↓
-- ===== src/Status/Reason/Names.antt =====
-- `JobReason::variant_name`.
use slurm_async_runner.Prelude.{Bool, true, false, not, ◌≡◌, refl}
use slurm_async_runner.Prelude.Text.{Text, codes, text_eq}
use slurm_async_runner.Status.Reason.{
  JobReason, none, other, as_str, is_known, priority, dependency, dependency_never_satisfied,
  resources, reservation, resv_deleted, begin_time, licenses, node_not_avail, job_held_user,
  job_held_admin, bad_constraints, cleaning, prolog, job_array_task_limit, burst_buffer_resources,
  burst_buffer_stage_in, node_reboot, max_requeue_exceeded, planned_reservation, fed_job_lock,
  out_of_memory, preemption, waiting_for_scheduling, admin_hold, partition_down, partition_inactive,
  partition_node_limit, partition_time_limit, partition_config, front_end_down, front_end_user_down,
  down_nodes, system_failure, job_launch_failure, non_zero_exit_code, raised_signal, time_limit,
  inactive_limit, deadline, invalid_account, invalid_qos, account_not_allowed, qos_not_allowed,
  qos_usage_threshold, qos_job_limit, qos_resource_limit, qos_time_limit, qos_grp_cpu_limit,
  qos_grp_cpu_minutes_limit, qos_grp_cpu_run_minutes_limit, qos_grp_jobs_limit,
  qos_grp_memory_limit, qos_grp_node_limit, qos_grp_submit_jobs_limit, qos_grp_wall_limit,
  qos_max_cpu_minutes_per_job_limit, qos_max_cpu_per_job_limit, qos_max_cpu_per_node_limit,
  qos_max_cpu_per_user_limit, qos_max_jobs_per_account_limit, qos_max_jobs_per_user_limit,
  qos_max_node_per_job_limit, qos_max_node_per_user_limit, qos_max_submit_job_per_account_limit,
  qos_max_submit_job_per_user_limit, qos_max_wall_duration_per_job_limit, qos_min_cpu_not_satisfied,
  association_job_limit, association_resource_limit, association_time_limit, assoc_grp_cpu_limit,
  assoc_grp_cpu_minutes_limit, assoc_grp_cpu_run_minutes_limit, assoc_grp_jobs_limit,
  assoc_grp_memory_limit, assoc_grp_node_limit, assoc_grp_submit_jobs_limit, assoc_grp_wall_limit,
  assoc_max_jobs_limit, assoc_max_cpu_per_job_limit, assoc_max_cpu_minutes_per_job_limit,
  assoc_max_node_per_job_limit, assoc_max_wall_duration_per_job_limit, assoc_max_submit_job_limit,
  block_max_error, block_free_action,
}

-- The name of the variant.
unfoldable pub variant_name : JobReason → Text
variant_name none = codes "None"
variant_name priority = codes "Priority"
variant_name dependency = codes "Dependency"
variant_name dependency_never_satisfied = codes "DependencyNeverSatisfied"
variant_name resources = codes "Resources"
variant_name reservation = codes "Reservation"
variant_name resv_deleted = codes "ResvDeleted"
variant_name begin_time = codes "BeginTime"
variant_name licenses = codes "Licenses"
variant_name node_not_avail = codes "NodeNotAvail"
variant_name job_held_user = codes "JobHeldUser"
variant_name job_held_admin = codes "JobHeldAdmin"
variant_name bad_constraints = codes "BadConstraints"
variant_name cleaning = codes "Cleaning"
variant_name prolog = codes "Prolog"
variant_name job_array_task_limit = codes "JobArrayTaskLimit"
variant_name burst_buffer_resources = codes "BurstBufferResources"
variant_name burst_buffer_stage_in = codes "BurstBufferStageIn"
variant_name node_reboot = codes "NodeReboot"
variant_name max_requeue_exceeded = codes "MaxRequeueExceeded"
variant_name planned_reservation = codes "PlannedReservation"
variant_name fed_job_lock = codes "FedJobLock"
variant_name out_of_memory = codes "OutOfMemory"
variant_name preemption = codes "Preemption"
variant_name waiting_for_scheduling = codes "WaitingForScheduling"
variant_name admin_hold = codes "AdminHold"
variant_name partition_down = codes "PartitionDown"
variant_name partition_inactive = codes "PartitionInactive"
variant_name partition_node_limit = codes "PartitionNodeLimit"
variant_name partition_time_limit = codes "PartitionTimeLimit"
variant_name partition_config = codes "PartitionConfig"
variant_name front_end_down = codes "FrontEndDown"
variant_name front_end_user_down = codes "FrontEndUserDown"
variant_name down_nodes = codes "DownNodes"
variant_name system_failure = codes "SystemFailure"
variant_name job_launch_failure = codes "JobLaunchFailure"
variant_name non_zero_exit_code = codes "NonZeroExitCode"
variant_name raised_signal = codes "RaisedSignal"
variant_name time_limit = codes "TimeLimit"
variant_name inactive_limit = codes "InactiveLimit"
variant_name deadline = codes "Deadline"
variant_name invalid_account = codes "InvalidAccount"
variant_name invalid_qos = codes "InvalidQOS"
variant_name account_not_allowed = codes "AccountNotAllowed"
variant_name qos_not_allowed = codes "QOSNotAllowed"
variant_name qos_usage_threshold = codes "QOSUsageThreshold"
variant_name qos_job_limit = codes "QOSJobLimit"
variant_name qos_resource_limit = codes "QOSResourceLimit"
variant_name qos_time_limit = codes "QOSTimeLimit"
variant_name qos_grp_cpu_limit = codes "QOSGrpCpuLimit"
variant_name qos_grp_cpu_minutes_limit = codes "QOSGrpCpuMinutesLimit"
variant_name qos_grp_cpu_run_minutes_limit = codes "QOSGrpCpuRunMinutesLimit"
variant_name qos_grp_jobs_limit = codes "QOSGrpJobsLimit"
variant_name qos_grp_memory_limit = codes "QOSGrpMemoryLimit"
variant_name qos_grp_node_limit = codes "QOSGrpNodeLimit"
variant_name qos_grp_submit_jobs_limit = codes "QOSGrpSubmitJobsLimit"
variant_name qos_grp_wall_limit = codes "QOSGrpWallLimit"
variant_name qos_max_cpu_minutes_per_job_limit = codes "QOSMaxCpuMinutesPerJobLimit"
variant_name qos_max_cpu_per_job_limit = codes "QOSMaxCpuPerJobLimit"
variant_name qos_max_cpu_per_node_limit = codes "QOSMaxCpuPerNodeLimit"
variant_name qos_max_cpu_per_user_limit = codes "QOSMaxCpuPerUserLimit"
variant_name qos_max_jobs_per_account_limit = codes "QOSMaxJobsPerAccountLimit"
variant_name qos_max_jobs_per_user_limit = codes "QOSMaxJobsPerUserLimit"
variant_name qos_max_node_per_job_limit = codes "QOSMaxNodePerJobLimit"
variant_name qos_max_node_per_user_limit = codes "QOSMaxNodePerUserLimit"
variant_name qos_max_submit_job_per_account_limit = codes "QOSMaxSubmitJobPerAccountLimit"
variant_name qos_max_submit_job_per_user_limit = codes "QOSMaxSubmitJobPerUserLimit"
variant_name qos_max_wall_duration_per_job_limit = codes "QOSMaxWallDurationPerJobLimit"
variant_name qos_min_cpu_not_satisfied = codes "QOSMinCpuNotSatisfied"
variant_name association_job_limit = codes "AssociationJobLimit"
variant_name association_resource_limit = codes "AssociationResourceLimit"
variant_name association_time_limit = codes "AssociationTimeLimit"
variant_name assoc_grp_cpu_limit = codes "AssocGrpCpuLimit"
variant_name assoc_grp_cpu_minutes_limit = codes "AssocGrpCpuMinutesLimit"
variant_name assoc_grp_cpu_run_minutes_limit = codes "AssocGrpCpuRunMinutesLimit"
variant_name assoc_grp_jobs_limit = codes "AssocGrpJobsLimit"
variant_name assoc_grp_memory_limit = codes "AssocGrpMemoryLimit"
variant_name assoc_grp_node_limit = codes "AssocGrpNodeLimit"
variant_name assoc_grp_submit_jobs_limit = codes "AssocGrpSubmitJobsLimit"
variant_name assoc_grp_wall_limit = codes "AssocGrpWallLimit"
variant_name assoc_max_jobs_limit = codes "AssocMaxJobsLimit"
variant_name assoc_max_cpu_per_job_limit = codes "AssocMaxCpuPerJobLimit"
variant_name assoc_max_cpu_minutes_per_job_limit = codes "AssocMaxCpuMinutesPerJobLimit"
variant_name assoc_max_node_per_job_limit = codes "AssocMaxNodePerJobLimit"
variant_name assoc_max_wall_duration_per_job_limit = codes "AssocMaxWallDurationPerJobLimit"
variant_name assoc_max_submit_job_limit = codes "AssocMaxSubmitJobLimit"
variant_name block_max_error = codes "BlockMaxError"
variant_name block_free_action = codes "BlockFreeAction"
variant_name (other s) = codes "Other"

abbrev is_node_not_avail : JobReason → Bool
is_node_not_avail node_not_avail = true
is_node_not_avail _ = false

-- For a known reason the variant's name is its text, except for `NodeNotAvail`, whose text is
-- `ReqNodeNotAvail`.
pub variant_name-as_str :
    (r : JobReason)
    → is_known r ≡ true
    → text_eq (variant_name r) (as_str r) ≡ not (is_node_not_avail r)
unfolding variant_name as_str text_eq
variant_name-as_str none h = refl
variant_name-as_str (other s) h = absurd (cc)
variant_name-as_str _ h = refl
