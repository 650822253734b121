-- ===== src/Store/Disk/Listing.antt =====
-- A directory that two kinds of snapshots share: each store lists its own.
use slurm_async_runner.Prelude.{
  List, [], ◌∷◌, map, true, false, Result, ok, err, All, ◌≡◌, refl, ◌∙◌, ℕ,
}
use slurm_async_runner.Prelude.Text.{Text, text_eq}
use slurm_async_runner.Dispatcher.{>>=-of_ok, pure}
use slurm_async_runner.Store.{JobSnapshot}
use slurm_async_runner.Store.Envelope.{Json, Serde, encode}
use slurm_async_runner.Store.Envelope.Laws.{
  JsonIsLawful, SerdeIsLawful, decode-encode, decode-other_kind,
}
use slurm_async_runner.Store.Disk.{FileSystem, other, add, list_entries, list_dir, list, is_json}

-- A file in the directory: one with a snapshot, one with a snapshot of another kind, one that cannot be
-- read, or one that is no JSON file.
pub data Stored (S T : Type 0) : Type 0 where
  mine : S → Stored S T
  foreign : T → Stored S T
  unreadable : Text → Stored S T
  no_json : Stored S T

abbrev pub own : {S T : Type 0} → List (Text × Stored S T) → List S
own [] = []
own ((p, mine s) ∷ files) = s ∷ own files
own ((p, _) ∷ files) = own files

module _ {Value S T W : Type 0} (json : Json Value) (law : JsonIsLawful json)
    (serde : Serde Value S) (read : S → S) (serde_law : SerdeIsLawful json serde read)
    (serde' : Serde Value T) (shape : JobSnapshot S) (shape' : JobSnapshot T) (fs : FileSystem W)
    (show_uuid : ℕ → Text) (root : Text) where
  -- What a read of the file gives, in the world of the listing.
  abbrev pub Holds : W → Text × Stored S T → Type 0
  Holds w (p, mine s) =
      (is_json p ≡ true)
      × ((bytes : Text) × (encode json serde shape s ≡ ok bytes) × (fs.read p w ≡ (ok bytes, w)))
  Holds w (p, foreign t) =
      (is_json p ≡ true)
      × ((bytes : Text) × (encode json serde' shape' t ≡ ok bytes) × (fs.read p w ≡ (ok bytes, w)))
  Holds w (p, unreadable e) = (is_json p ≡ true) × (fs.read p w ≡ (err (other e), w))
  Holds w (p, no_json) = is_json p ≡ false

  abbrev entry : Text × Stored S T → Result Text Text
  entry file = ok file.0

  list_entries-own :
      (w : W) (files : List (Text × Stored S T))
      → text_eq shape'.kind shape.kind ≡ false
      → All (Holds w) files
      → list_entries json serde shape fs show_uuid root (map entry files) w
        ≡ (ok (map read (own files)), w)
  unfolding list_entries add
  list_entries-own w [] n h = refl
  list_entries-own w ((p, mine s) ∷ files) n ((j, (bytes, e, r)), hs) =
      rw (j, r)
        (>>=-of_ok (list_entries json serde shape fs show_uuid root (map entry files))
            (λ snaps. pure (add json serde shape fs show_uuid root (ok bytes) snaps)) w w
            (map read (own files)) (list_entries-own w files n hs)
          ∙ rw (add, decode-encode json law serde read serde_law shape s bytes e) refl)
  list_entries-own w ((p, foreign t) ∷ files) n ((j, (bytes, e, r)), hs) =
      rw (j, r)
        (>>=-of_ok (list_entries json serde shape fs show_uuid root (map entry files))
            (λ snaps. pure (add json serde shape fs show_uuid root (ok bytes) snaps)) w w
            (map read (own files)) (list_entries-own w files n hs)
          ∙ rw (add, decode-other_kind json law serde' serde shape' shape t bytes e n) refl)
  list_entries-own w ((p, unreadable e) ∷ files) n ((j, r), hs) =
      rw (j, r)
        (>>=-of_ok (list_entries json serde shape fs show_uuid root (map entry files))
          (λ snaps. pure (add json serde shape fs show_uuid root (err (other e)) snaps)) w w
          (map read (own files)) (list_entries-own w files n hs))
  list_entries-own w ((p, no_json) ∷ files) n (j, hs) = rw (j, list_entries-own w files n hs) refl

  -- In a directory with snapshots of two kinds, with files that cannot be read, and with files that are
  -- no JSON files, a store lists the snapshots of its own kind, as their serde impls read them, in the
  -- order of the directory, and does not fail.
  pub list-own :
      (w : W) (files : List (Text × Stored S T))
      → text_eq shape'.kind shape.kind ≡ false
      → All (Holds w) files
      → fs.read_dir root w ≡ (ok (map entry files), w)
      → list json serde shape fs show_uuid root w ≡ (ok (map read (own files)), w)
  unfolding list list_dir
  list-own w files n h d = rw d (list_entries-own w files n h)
↑
## Problem description
Read the listing. Copy each line that has the word "refl" in it.

## Answer to this exercise
use slurm_async_runner.Prelude.{Bool, true, false, not, ◌≡◌, refl}
variant_name-as_str none h = refl
variant_name-as_str _ h = refl
  List, [], ◌∷◌, map, true, false, Result, ok, err, All, ◌≡◌, refl, ◌∙◌, ℕ,
  list_entries-own w [] n h = refl
          ∙ rw (add, decode-encode json law serde read serde_law shape s bytes e) refl)
          ∙ rw (add, decode-other_kind json law serde' serde shape' shape t bytes e n) refl)
  list_entries-own w ((p, no_json) ∷ files) n (j, hs) = rw (j, list_entries-own w files n hs) refl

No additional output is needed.